The National Health Policy 2017 also identified AMR as a problem and called for effective action to address it. The NAP-AMR outlining the priorities and implementation strategies for curbing AMR in India was submitted at the 70th World Health Assembly (WHA) in Geneva in May 2017. AMR is also prioritized under the Global Health Security Agenda (GHSA), and India is one of the contributing countries.

A recently published study in The Lancet, examined 471 million individual patient records, reviewed medical literature, hospital and surveillance systems and used predictive statistical modelling to produce estimates of the AMR burden for all locations, even places with little data. Researchers found that there were an estimated 4.95 million deaths associated with bacterial AMR in 2019 alone, including 1.27 million deaths attributable to bacterial AMR.

Under this background, the NMC's action is crucial as AMR is a major public health concern in India too. The emergence of resistance is not only limited to the older and more frequently used classes of drugs but there has also been a rapid increase in resistance to the newer and more expensive drugs, like carbapenems. Available data indicates to rising rates of AMR, across multiple pathogens of clinical importance, at the national scale. In 2008, about 29 per cent of isolates of Staphylococcus aureus were methicillin resistant, and by 2014, this had risen to 47 per cent.

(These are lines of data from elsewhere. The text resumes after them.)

-- ===== src/CmConf.antt =====
-- common/cm_conf.c: a table of keys and values, and its file. The file is the list of its bytes,
-- none of them NUL; opening it is taken to succeed, and the text that `ctime` gives is an argument.
-- An entry that fills its array has no NUL behind it: the outcome `fault`.
pub mod Table
pub mod Lines
pub mod File
mod Tests
use jklibs.Common.{
  ℕ, zero, suc, ◌+◌, Bool, true, false, ◌&&◌, ◌||◌, List, [], ◌∷◌, ◌++◌, Option, none, some, ltb,
  leb, ◌==◌, if◌then◌else◌, length, set,
}
use jklibs.Common.Decimal.{split_at}
use jklibs.Common.Outcome.{Outcome, done, err, fault, ◌>>=◌}
use jklibs.Common.Stream.{fgets}
use jklibs.Common.Text.{codes, same_text}

-- CMConfig
pub record Config : Type 0 where
  pub key : List ℕ
  pub value : List ℕ

-- cm_config_value, of an array with the entries given: NULL is `none`.
unfoldable pub config_value : List Config → ℕ → List ℕ → Outcome (Option (List ℕ))
config_value conf zero key = done none
config_value [] (suc max) key = fault
config_value (c ∷ conf) (suc max) key =
    let rest = config_value conf max key in
    if same_text c.key key then done (some c.value) else rest

abbrev pub keep_entry : Config → Outcome (ℕ × List Config) → Outcome (ℕ × List Config)
keep_entry c r = r >>= λ p. done (suc (p.0), c ∷ (p.1))

-- cm_config_set_value: the index returned, and the array. A new entry is written at index `max`.
unfoldable pub config_set_value : List Config → ℕ → List ℕ → List ℕ → Outcome (ℕ × List Config)
config_set_value [] max key value = fault
config_set_value (c ∷ conf) zero key value =
    if leb 32 (length key) || leb 256 (length value)
    then fault
    else done (0, record { key = key; value = value } ∷ conf)
config_set_value (c ∷ conf) (suc max) key value =
    let rest = keep_entry c (config_set_value conf max key value) in
    if same_text c.key key
    then if leb 256 (length value) then fault else done (0, record c { value = value } ∷ conf)
    else rest

abbrev pub is_space : ℕ → Bool
is_space c = (c == 32) || (leb 9 c && leb c 13)

unfoldable pub skip_spaces : List ℕ → List ℕ
skip_spaces [] = []
skip_spaces (c ∷ s) = let rest = skip_spaces s in if is_space c then rest else c ∷ s

unfoldable pub word : List ℕ → List ℕ
word [] = []
word (c ∷ s) = let rest = word s in if is_space c then [] else c ∷ rest

-- The entry, if both the key and the value have a byte.
abbrev pub entry : List ℕ → List ℕ → Option Config
entry [] value = none
entry (c ∷ k) [] = none
entry (c ∷ k) (d ∷ v) = some (record { key = c ∷ k; value = d ∷ v })

-- sscanf(line, "%[^=]=%s", key, value) with a key of 32 bytes: the entry, if it returns 2.
unfoldable pub scan_line : List ℕ → Outcome (Option Config)
scan_line line = elim (split_at b'=' line) [
  | none ↦ if leb 32 (length line) then fault else done none
  | some r ↦ if leb 32 (length (r.0)) then fault else done (entry (r.0) (word (skip_spaces (r.1))))
]

abbrev pub is_comment : List ℕ → Bool
is_comment [] = true
is_comment (c ∷ line) = c == b'#'

-- strncpy to conf[i]
abbrev pub store_entry : List Config → ℕ → Option Config → Outcome (ℕ × List Config)
store_entry conf i none = done (i, conf)
store_entry conf i (some c) = if ltb i (length conf) then done (i + 1, set conf i c) else fault

-- A line of the file: the number of entries afterwards, and the array.
abbrev pub read_line : List Config → ℕ → List ℕ → Outcome (ℕ × List Config)
read_line conf i line =
    if is_comment line then done (i, conf) else scan_line line >>= store_entry conf i

-- The loop of cm_config_read over the rest of the file.
unfoldable pub read_from : ℕ → ℕ → ℕ × List Config → List ℕ → Outcome (ℕ × List Config)
read_from fuel max (i, conf) [] = done (i, conf)
read_from zero max (i, conf) (c ∷ s) = fault
read_from (suc fuel) max (i, conf) (c ∷ s) =
    let (line, rest) = fgets 127 (c ∷ s) in
    let next = read_line conf i line >>= λ r. read_from fuel max r rest in
    if ltb max i then done (i, conf) else next

-- cm_config_read, into an array that holds `conf`.
unfoldable pub config_read : List Config → ℕ → List ℕ → Outcome (ℕ × List Config)
config_read conf max file = read_from (length file) max (0, conf) file

-- The entries as cm_config_write prints them.
unfoldable pub entry_lines : List Config → List ℕ
entry_lines [] = []
entry_lines (c ∷ conf) = c.key ++ (b'=' ∷ (c.value ++ (10 ∷ entry_lines conf)))

-- cm_config_write of all the entries given, with the text of `ctime`.
unfoldable pub config_write : List ℕ → List Config → List ℕ
config_write time conf = codes "# Generated by program. @ " ++ (time ++ (10 ∷ entry_lines conf))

In contrast, in countries which have established effective antibiotic stewardship and/or infection prevention and control programs, the proportion of methicillin resistant staphylococcus aureus (MRSA) isolates have been decreasing. That stresses on the importance of initiating AMR containment measures to address this grave issue. It is under this backdrop, the Union Health Ministry, way back in 2016, notified three governance mechanisms to address this challenge. These include the Inter-sectoral Coordination Committee, Technical Advisory Group and Core Working Group on AMR for technical coordination and oversight.

The Core Working Group has been activated and has drafted the National Action Plan on Antimicrobial Resistance (NAP-AMR). The NAP outlined certain strategic intervention activities which need to be carried out by the NMC, which is an Indian regulatory body of 33 members which regulates medical education and medical professionals in the country. This include reviewing and revising curricula of professionals in human and animal health as well as reviewing and developing curriculum and resources for in-service training of different professionals and allied services.

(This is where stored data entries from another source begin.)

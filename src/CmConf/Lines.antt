-- ===== src/CmConf/Lines.antt =====
-- A line of the file that cm_config_write printed is read back.
use jklibs.Common.{
  ℕ, ◌+◌, ◌≤◌, ◌<◌, ◌≡◌, refl, false, List, [], ◌∷◌, ◌++◌, some, arith, leb, length,
}
use jklibs.Common.Decimal.{split_at-append, Without}
use jklibs.Common.Outcome.{done}
use jklibs.Common.Text.{Lacks, append-Lacks}
use jklibs.CmConf.{Config, is_space, skip_spaces, word, entry, scan_line, is_comment}

-- A value that `%s` reads as a whole: no spaces, tabs or line ends.
abbrev pub NoSpace : List ℕ → Type 0
NoSpace [] = Unit {0}
NoSpace (c ∷ s) = (is_space c ≡ false) × NoSpace s

-- An entry that its line gives back: a key without `=` and line ends that does not begin as a
-- comment, a value without spaces, both with a byte at least, and a line of at most 127 bytes.
pub record Storable (c : Config) : Type 0 where
  pub key_plain : Without b'=' c.key
  pub key_one_line : Lacks 10 c.key
  pub key_full : 1 ≤ length c.key
  pub key_short : length c.key < 32
  pub no_comment : is_comment c.key ≡ false
  pub value_plain : NoSpace c.value
  pub value_full : 1 ≤ length c.value
  pub line_short : length c.key + length c.value < 126

word-line : (v : List ℕ) → NoSpace v → word (v ++ (10 ∷ [])) ≡ v
unfolding word
word-line [] h = refl
word-line (c ∷ v) h = rw (h.0, word-line v (h.1)) refl

value-line : (v : List ℕ) → NoSpace v → word (skip_spaces (v ++ (10 ∷ []))) ≡ v
unfolding skip_spaces
value-line [] h = unfold word in refl
value-line (c ∷ v) h = rw (h.0) (word-line (c ∷ v) h)

entry_full :
    (k v : List ℕ) → 1 ≤ length k → 1 ≤ length v → entry k v ≡ some (record { key = k; value = v })
entry_full [] v hk hv = absurd (omega arith)
entry_full (c ∷ k) [] hk hv = absurd (omega arith)
entry_full (c ∷ k) (d ∷ v) hk hv = refl

pub scan_line-entry :
    (c : Config) → Storable c → scan_line (c.key ++ (b'=' ∷ (c.value ++ (10 ∷ [])))) ≡ done (some c)
unfolding scan_line
scan_line-entry c s =
    let fits : leb 32 (length c.key) ≡ false = let k = s.key_short in ground arith in
    rw
      (
        split_at-append b'=' c.key (c.value ++ (10 ∷ [])) s.key_plain,
        scan_line,
        fits,
        value-line c.value s.value_plain,
        entry_full c.key c.value s.key_full s.value_full,
      )
      refl

NoSpace-Lacks : (v : List ℕ) → NoSpace v → Lacks 10 v
NoSpace-Lacks [] h = tt
NoSpace-Lacks (c ∷ v) h = (ground (arith, h.0), NoSpace-Lacks v (h.1))

-- The line without its end.
abbrev pub entry_text : Config → List ℕ
entry_text c = c.key ++ (b'=' ∷ c.value)

pub entry_text-Lacks : (c : Config) → Storable c → Lacks 10 (entry_text c)
entry_text-Lacks c s =
    append-Lacks 10 c.key (b'=' ∷ c.value) s.key_one_line
      (omega arith, NoSpace-Lacks c.value s.value_plain)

More recently, the Ministry had directed the NMC to implement the AMR containment activities in all the government and private medical colleges and associated hospitals in the country after making appropriate changes in the curriculum and regulations. The ministry finds that because of overuse and misuse of antimicrobials, AMR has occurred even to the newer antibiotics and it has now become a global threat for the effective prevention and treatment against all infectious diseases.

The Ministry's effort in this direction assumes significance in the light of the Covid-19 pandemic as the Ministry's circular itself says that many healthcare workers were also tested positive and succumbed to the coronavirus disease due to lack of adequate infection prevention and control practices. NMC deserves kudos for taking a well considered decision to combat the menace of AMR.